Single by Black Label Society

from the album Mafia
- Released: September 2005
- Length: 3:54
- Label: Artemis
- Songwriter(s): Zakk Wylde
- Producer(s): Zakk Wylde

Black Label Society singles chronology
| "Fire It Up" (2005) | "In This River" (2005) | "Concrete Jungle" (2006) |

= In This River =

"In This River" is a song by American heavy metal band Black Label Society, a power ballad featured on their 2005 sixth studio album Mafia. Performed entirely by guitarist, vocalist and pianist Zakk Wylde (who also wrote and produced the song), it was released as the third single from the album and reached number 32 on the Billboard Hot Mainstream Rock Tracks chart.

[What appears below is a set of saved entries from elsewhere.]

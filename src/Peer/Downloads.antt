-- ===== src/Peer/Downloads.antt =====
-- The requests that a peer makes, and the data it gets, in benliud_bt/src/BTPeer.cpp. The choice of
-- pieces, the tasks and the pieces themselves are those of the storage.
use benliud.Common.{
  ℕ, zero, suc, ◌+◌, Bool, true, false, not, List, [], ◌∷◌, ◌++◌, Option, none, some, length, ltb,
  ◌==◌, if◌then◌else◌,
}
use benliud.Piece.{BtPiece}
use benliud.SingleRequest.{
  SingleRequest, init, reset, empty, is_finish, get_piece_data, get_task, is_pending_request,
  mark_pending_request, set_virtual_data, get_pending_request,
}
use benliud.SingleRequest.Alien.{Orphan, set_alien, clear_alien, get_orphans}
use benliud.Storage.{Storage, Task, Chance, task, get_piece_task, get_appointed_task}
use benliud.Storage.Depot.{
  Torrent, Depot, check_out_orphan_data, check_in_orphan_data, abandon_task, write_piece, hash_ok,
  get_share_task,
}
use benliud.Peer.{send_request, send_piece_cancel, interested_packet}

-- The members of `CBTPeer` that speak of downloads; `linked` is `m_LinkStatus==LS_CONNOK`, `shaked` is
-- `IsShaked()`, and `coorperate` is a member of `m_MyRequest`.
pub record Downloader : Type 0 where
  pub linked : Bool
  pub shaked : Bool
  pub fast_extension : Bool
  pub peer_choke_me : Bool
  pub me_interest_peer : Bool
  pub peer_iip : ℕ
  pub peer_bit_set : BtPiece
  pub suggest_list : List ℕ
  pub allow_fast_list : List ℕ
  pub coorperate : Bool
  pub my_request : SingleRequest

-- The peer, the storage, and what the peer has sent.
pub record Link : Type 0 where
  pub peer : Downloader
  pub depot : Depot
  pub sent : List ℕ

-- `PENDING_REQUEST_SIZE`
abbrev pub pending_request_size : ℕ
pending_request_size = 12

-- `GetIndex()` as an unsigned int; it is -1 for no piece.
unfoldable pub index_of : SingleRequest → ℕ
index_of r = elim r.index [ none ↦ 4294967295 | some i ↦ i ]

unfoldable pub with_request : Link → SingleRequest → Link
with_request x r = record x { peer = record x.peer { my_request = r } }

unfoldable pub give_back : Torrent → Link → Link
give_back t x = record x {
  peer = record x.peer { my_request = reset x.peer.my_request };
  depot = abandon_task t x.depot (index_of x.peer.my_request);
}

-- `SaveOrphanToStorage`
unfoldable pub save_orphan : Link → Link
save_orphan x =
    let orphans = get_orphans x.peer.my_request [] in
    if x.peer.coorperate
    then x
    else if length orphans == 0
    then x
    else record x { depot = check_in_orphan_data x.depot (index_of x.peer.my_request) orphans }

-- `OnConnectionClose`
unfoldable pub on_connection_close : Torrent → Link → Link
on_connection_close t x = if empty x.peer.my_request then x else give_back t (save_orphan x)

-- `OnClose`
unfoldable pub close_link : Torrent → Link → Link
close_link t x =
    let y = if x.peer.linked then on_connection_close t x else x in
    record y { peer = record y.peer { linked = false; me_interest_peer = false } }

unfoldable pub send_cancels : ℕ → List (ℕ × ℕ) → List ℕ
send_cancels index [] = []
send_cancels index ((offset, len) ∷ os) =
    send_piece_cancel index offset len ++ send_cancels index os

-- `CancelMyRequest`
unfoldable pub cancel_my_request : Torrent → Link → Link
cancel_my_request t x =
    let r = x.peer.my_request in
    let cancels =
      send_cancels (index_of r)
        (get_pending_request r (pending_request_size + pending_request_size)) in
    if empty r then x else give_back t (record x { sent = x.sent ++ cancels })

-- The loop of `DoMyRequest` for a piece that is asked of this peer only, with fuel for the rounds.
unfoldable pub send_tasks : ℕ → SingleRequest → ℕ → SingleRequest × List ℕ
send_tasks zero r now = (r, [])
send_tasks (suc fuel) r now =
    if ltb r.pending_count pending_request_size
    then elim (get_task r now).1 [
      | none ↦ (r, [])
      | some o ↦
          let rest = send_tasks fuel (get_task r now).0 now in
          (rest.0, send_request (index_of r) o.0 o.1 ++ rest.1)
    ]
    else (r, [])

unfoldable pub ask_alone : Link → ℕ → Link
ask_alone x now =
    let rest = send_tasks pending_request_size x.peer.my_request now in
    record x { peer = record x.peer { my_request = rest.0 }; sent = x.sent ++ rest.1 }

-- A block of the storage's request that is marked in ours, and asked for.
unfoldable pub ask_marked : Link → ℕ × ℕ → ℕ → Link
ask_marked x o now =
    let r = x.peer.my_request in
    record x {
      peer = record x.peer { my_request = (mark_pending_request r o.0 now).0 };
      sent = x.sent ++ send_request (index_of r) o.0 o.1;
    }

-- The loop for a piece that several peers are asked for, with fuel for the rounds.
unfoldable pub ask_shared : ℕ → Torrent → Link → ℕ → Link
ask_shared zero t x now = x
ask_shared (suc fuel) t x now =
    let r = x.peer.my_request in
    let share = get_share_task t x.depot (index_of r) in
    let y = record x { depot = share.0 } in
    if not (ltb r.pending_count pending_request_size) then x else elim share.1 [
      | none ↦ if r.pending_count == 0 then close_link t y else y
      | some o ↦
          let again = ask_shared fuel t (ask_marked y o now) now in
          if is_pending_request r o.0
          then ask_alone y now
          else if (mark_pending_request r o.0 now).1
          then again
          else y
    ]

-- `DoMyRequest`
unfoldable pub do_my_request : Torrent → Link → ℕ → Link
do_my_request t x now =
    if x.peer.coorperate then ask_shared pending_request_size t x now else ask_alone x now

-- The loop of `CheckOutOrphanData`.
unfoldable pub take_in : SingleRequest → List Orphan → SingleRequest
take_in r [] = r
take_in r (o ∷ os) = take_in (set_alien r o.source o.offset o.bytes) os

-- The end of `CheckOutOrphanData`, with the request as the orphans have left it.
unfoldable pub use_orphans : Torrent → Link → SingleRequest → Link × Bool
use_orphans t x r =
    if not (is_finish r)
    then (with_request x r, false)
    else if hash_ok t (index_of r) (get_piece_data r)
    then (
      record x {
        peer = record x.peer { my_request = reset r };
        depot = write_piece x.depot (index_of r) (get_piece_data r);
      },
      true,
    )
    else (with_request x (clear_alien r x.peer.peer_iip), false)

-- `CheckOutOrphanData`
unfoldable pub check_out_orphans : Torrent → Link → Link × Bool
check_out_orphans t x =
    let out = check_out_orphan_data x.depot (index_of x.peer.my_request) in
    use_orphans t (record x { depot = out.0 }) (take_in x.peer.my_request out.1)

-- What `CheckMyRequest` does with a task it was given.
unfoldable pub begin_request : Torrent → Downloader → ℕ → Bool → Bool → Downloader
begin_request t p index coop fast =
    let r = record (init p.my_request (some index) (t.piece_length index)) { allow_fast = fast } in
    record p {
      coorperate = coop;
      my_request = elim (t.virtual_range index) [
        | none ↦ r
        | some range ↦ set_virtual_data r range.0 range.1
      ];
    }

unfoldable pub start_task : Torrent → Link → ℕ → Bool → Bool → ℕ → Link
start_task t x index coop fast now =
    let y = record x { peer = begin_request t x.peer index coop fast } in
    if coop
    then do_my_request t y now
    else (let out = check_out_orphans t y in if out.1 then out.0 else do_my_request t out.0 now)

unfoldable pub start_found : Torrent → Link → Task → Bool → ℕ → Link
start_found t x (task index coop) fast now = start_task t x index coop fast now

unfoldable pub with_storage : Link → Storage → Link
with_storage x s = record x { depot = record x.depot { storage = s } }

-- The loops over `m_SuggestList` and `m_AllowFastList`: the rest of the list, and the task for the first
-- piece that the storage gives one for.
unfoldable pub appointed : Storage → List ℕ → List ℕ × Storage × Option Task
appointed s [] = ([], s, none)
appointed s (i ∷ is) = elim (get_appointed_task s i).1 [
  | none ↦ appointed s is
  | some k ↦ (is, (get_appointed_task s i).0, some k)
]

-- `sendInterested(false)`
unfoldable pub lose_interest : Link → Link
lose_interest x =
    if x.peer.me_interest_peer
    then record x {
      peer = record x.peer { me_interest_peer = false };
      sent = x.sent ++ interested_packet false;
    }
    else x

-- The last part for a peer that does not choke us: a piece of the storage's choice.
unfoldable pub ask_storage : Torrent → Link → Chance → ℕ → Link
ask_storage t x chance now =
    let choice = get_piece_task x.depot.storage x.peer.peer_bit_set chance in
    elim choice.1 [
      | none ↦ lose_interest x
      | some k ↦ start_found t (with_storage x choice.0) k false now
    ]

unfoldable pub ask_suggested : Torrent → Link → Chance → ℕ → Link
ask_suggested t x chance now =
    let found = appointed x.depot.storage x.peer.suggest_list in
    let y = with_storage (record x { peer = record x.peer { suggest_list = found.0 } }) found.1 in
    elim found.2 [ none ↦ ask_storage t y chance now | some k ↦ start_found t y k false now ]

unfoldable pub ask_allowed : Torrent → Link → ℕ → Link
ask_allowed t x now =
    let found = appointed x.depot.storage x.peer.allow_fast_list in
    let y =
      with_storage (record x { peer = record x.peer { allow_fast_list = found.0 } }) found.1 in
    elim found.2 [ none ↦ y | some k ↦ start_found t y k true now ]

-- `CheckMyRequest`
unfoldable pub check_my_request : Torrent → Link → Chance → ℕ → Link
check_my_request t x chance now =
    if not x.peer.shaked
    then x
    else if not x.peer.me_interest_peer
    then x
    else if not x.peer.peer_choke_me
    then (if not (empty x.peer.my_request)
        then do_my_request t x now
        else if x.peer.fast_extension
        then ask_suggested t x chance now
        else ask_storage t x chance now)
    else if not x.peer.fast_extension
    then x
    else if empty x.peer.my_request
    then ask_allowed t x now
    else if x.peer.my_request.allow_fast
    then do_my_request t x now
    else x
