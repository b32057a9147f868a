-- ===== src/Peer/Arrivals.antt =====
-- The messages with which a peer answers our requests, in benliud_bt/src/BTPeer.cpp. Ticks but those of
-- the request, and the counts of bytes, are left out.
pub mod Verified
pub mod Turns
pub mod Asking
pub mod Completion
pub mod Held
pub mod Messages
pub mod Balance
mod Tests
use benliud.Common.{
  ℕ, Bool, true, false, not, ◌||◌, List, [], ◌∷◌, ◌++◌, length, drop, ltb, leb, ◌==◌, if◌then◌else◌,
}
use benliud.Piece.{is_set}
use benliud.SingleRequest.{
  set_data, is_finish, get_piece_data, reset_pending_request, reset_pending_request_at,
}
use benliud.SingleRequest.Alien.{clear_alien, have_alien}
use benliud.SingleRequest.Clock.{choke_notice}
use benliud.Storage.Depot.{Torrent, check_in_orphan, write_piece, hash_ok, submit_share_data}
use benliud.Peer.{word_at}
use benliud.Peer.Downloads.{Link, index_of, with_request, give_back, close_link, cancel_my_request}

-- The end of `DoCmdPiece`, when a piece may be complete.
unfoldable pub finish_piece : Torrent → Link → ℕ → Link
finish_piece t x index =
    let r = x.peer.my_request in
    if not (is_finish r)
    then x
    else if hash_ok t index (get_piece_data r)
    then cancel_my_request t (record x { depot = write_piece x.depot index (get_piece_data r) })
    else if have_alien r x.peer.peer_iip
    then with_request x (clear_alien r x.peer.peer_iip)
    else close_link t (give_back t x)

-- `DoCmdPiece` for a block of the piece that was asked for.
unfoldable pub got_block : Torrent → Link → ℕ → ℕ → List ℕ → ℕ → Link
got_block t x index offset block now =
    let (r, known) = set_data x.peer.my_request offset block now in
    let y = with_request x r in
    let (depot, more) = submit_share_data t x.depot x.peer.peer_iip index offset block in
    let z = record y { depot = depot } in
    if not known
    then close_link t x
    else if x.peer.coorperate
    then (if more then finish_piece t z index else cancel_my_request t z)
    else finish_piece t y index

-- `DoCmdPiece`; the index is negative from 2^31 on.
unfoldable pub piece_arrived : Torrent → Link → ℕ → ℕ → List ℕ → ℕ → Link
piece_arrived t x index offset block now =
    if leb 2147483648 index || leb t.piece_count index
    then close_link t x
    else if is_set x.depot.storage.finished index
    then x
    else if not (index == index_of x.peer.my_request)
    then record x { depot = check_in_orphan x.depot index x.peer.peer_iip offset block }
    else got_block t x index offset block now

unfoldable pub do_cmd_piece : Torrent → Link → List ℕ → ℕ → Link
do_cmd_piece t x body now =
    if not x.peer.shaked
    then x
    else if leb (length body) 8
    then close_link t x
    else piece_arrived t x (word_at 0 body) (word_at 4 body) (drop 8 body) now

unfoldable pub do_cmd_choke : Link → List ℕ → ℕ → Link
do_cmd_choke x body now =
    let r = choke_notice x.peer.my_request true now in
    if not x.peer.shaked || not (length body == 0) then x else record x {
      peer = record x.peer {
        peer_choke_me = true;
        my_request = if x.peer.fast_extension then r else reset_pending_request r;
      };
    }

unfoldable pub do_cmd_unchoke : Link → List ℕ → ℕ → Link
do_cmd_unchoke x body now = if not x.peer.shaked || not (length body == 0) then x else record x {
  peer = record x.peer {
    peer_choke_me = false;
    my_request = choke_notice x.peer.my_request false now;
  };
}

unfoldable pub do_cmd_reject_request : Torrent → Link → List ℕ → Link
do_cmd_reject_request t x body =
    if not x.peer.shaked
    then x
    else if not x.peer.fast_extension
    then close_link t x
    else if not (length body == 12)
    then x
    else if not (index_of x.peer.my_request == word_at 0 body)
    then x
    else if x.peer.peer_choke_me
    then with_request x (reset_pending_request_at x.peer.my_request (word_at 4 body))
    else close_link t x

unfoldable pub do_cmd_suggest_piece : Torrent → Link → List ℕ → Link
do_cmd_suggest_piece t x body =
    let index = word_at 0 body in
    if not x.peer.shaked
    then x
    else if not x.peer.fast_extension
    then close_link t x
    else if not (length body == 4)
    then x
    else if leb 2147483648 index || leb t.piece_count index
    then close_link t x
    else if ltb (length x.peer.suggest_list) 20
    then record x { peer = record x.peer { suggest_list = x.peer.suggest_list ++ index ∷ [] } }
    else x

unfoldable pub do_cmd_allow_fast : Torrent → Link → List ℕ → Link
do_cmd_allow_fast t x body =
    let index = word_at 0 body in
    if not x.peer.fast_extension
    then close_link t x
    else if not (length body == 4)
    then x
    else if leb 2147483648 index || leb t.piece_count index
    then close_link t x
    else record x {
      peer = record x.peer { allow_fast_list = x.peer.allow_fast_list ++ index ∷ [] };
    }
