-- ===== src/SingleRequest/Requests.antt =====
-- The calls of SingleRequest.cpp as BTPeer.cpp reads their results.
use benliud.Common.{
  ℕ, ◌+◌, ◌<◌, ◌≡◌, refl, arith, Bool, List, Option, none, some, Option-cases, inl, inr, some_cases,
  if_cases, false, All, All-mono, ◌==◌, not,
}
use benliud.Common.Search.{find_first, update_first-All, all_iff}
use benliud.SingleRequest.{
  SingleRequest, get_task, is_free, set_data, mark_pending_request, takes, starts_at,
  reset_pending_request_at,
}
use benliud.SingleRequest.Alien.{have_alien}

pub get_task-none :
    (r : SingleRequest) (now : ℕ) → (get_task r now).1 ≡ none → find_first is_free r.blocks ≡ none
unfolding get_task
get_task-none r now h = elim (Option-cases (find_first is_free r.blocks)) [
  | inl e ↦ e
  | inr e ↦ ground (arith, h, e.1)
]

pub get_task-some :
    (r : SingleRequest) (now : ℕ) (o : ℕ × ℕ)
    → (get_task r now).1 ≡ some o
    → r.pending_count < 12
    → (get_task r now).0.pending_count ≡ r.pending_count + 1
unfolding get_task
get_task-some r now o h l = elim (Option-cases (find_first is_free r.blocks)) [
  | inl e ↦ ground (arith, h, e)
  | inr e ↦ ground (arith, e.1, l)
]

-- The piece of a request stays the same.
pub index-set_data :
    (r : SingleRequest) (offset : ℕ) (bytes : List ℕ) (now : ℕ)
    → (set_data r offset bytes now).0.index ≡ r.index
unfolding set_data
index-set_data r offset bytes now =
    some_cases (λ (x : SingleRequest × Bool). x.0.index ≡ r.index)
      (find_first (takes offset bytes) r.blocks) _ _ (λ _. refl) (λ b _. refl)

pub index-get_task : (r : SingleRequest) (now : ℕ) → (get_task r now).0.index ≡ r.index
unfolding get_task
index-get_task r now =
    some_cases (λ (x : SingleRequest × Option (ℕ × ℕ)). x.0.index ≡ r.index)
      (find_first is_free r.blocks) _ _ (λ _. refl) (λ b _. refl)

pub index-mark_pending_request :
    (r : SingleRequest) (offset now : ℕ) → (mark_pending_request r offset now).0.index ≡ r.index
unfolding mark_pending_request
index-mark_pending_request r offset now =
    some_cases (λ (x : SingleRequest × Bool). x.0.index ≡ r.index)
      (find_first (starts_at offset) r.blocks) _ _ (λ _. refl)
      (λ b _.
        if_cases (λ (x : SingleRequest). x.index ≡ r.index) b.pending _ _ (λ _. refl) (λ _. refl))

pub index-reset_pending_request_at :
    (r : SingleRequest) (offset : ℕ) → (reset_pending_request_at r offset).index ≡ r.index
unfolding reset_pending_request_at
index-reset_pending_request_at r offset =
    some_cases (λ (x : SingleRequest). x.index ≡ r.index) (find_first (starts_at offset) r.blocks) _
      _ (λ _. refl) (λ b _. refl)

-- No block came from the peer.
abbrev pub IsForeign : ℕ → SingleRequest → Type 0
IsForeign iip r = All (λ b. (b.source == iip) ≡ false) r.blocks

pub set_data-IsForeign :
    (iip : ℕ) (r : SingleRequest) (offset : ℕ) (bytes : List ℕ) (now : ℕ)
    → IsForeign iip r
    → IsForeign iip (set_data r offset bytes now).0
unfolding set_data
set_data-IsForeign iip r offset bytes now h =
    some_cases (λ (x : SingleRequest × Bool). IsForeign iip x.0)
      (find_first (takes offset bytes) r.blocks) _ _ (λ _. h)
      (λ b _.
        update_first-All (λ c. (c.source == iip) ≡ false) (takes offset bytes) _ r.blocks
          (λ c _ a. a) h)

pub have_alien_foreign : (iip : ℕ) (r : SingleRequest) → IsForeign iip r → have_alien r iip ≡ false
unfolding have_alien
have_alien_foreign iip r h = ground (
  arith,
  (all_iff (λ b. not (b.source == iip)) r.blocks).1
      (All-mono _ _ r.blocks (λ b e. ground (arith, e)) h),
)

== Dedication to Dimebag Darrell ==

A common misconception is that Wylde wrote the song as a tribute to his close friend "Dimebag" Darrell Abbott (former guitarist for bands Pantera and Damageplan), who was killed on December 8, 2004. In fact, he wrote the song many months prior to the incident, and subsequently began dedicating the song to him. On the topic of dedication, Wylde explains that he "was looking at the lyrics, and I just said 'Man, this has gotta be Dime's tune', so we just made it Dime's song and that's how the video came about. I think it's really emotional and it came out great. Everyone loves it – Vinnie Paul Abbott (Darrell's brother), Rita (Darrell's girlfriend). It's all about Dime's memory and there ain't a dry eye in the house every time you see it." Wylde also states that every time he plays a show, "it will never leave the Black Label set." During the "Pedal to the Metal" concert series, however, the song was not included in the set.

== Music video ==

The music video for "In This River" features the childhood personage of Wylde and Abbott riding bicycles together and diving into a river while Wylde plays both the piano and the guitar in a creek. Midway through, Zakk destroys the piano with an axe and then sets it on fire with a torch before performing the solo. At the end of the video, only the adult version of Wylde emerges, symbolizing Darrell's death. Wylde explains that "The river is a metaphor for life in general, all the bullshit that you deal with from being a kid growing up. The whole thing's just about life and death."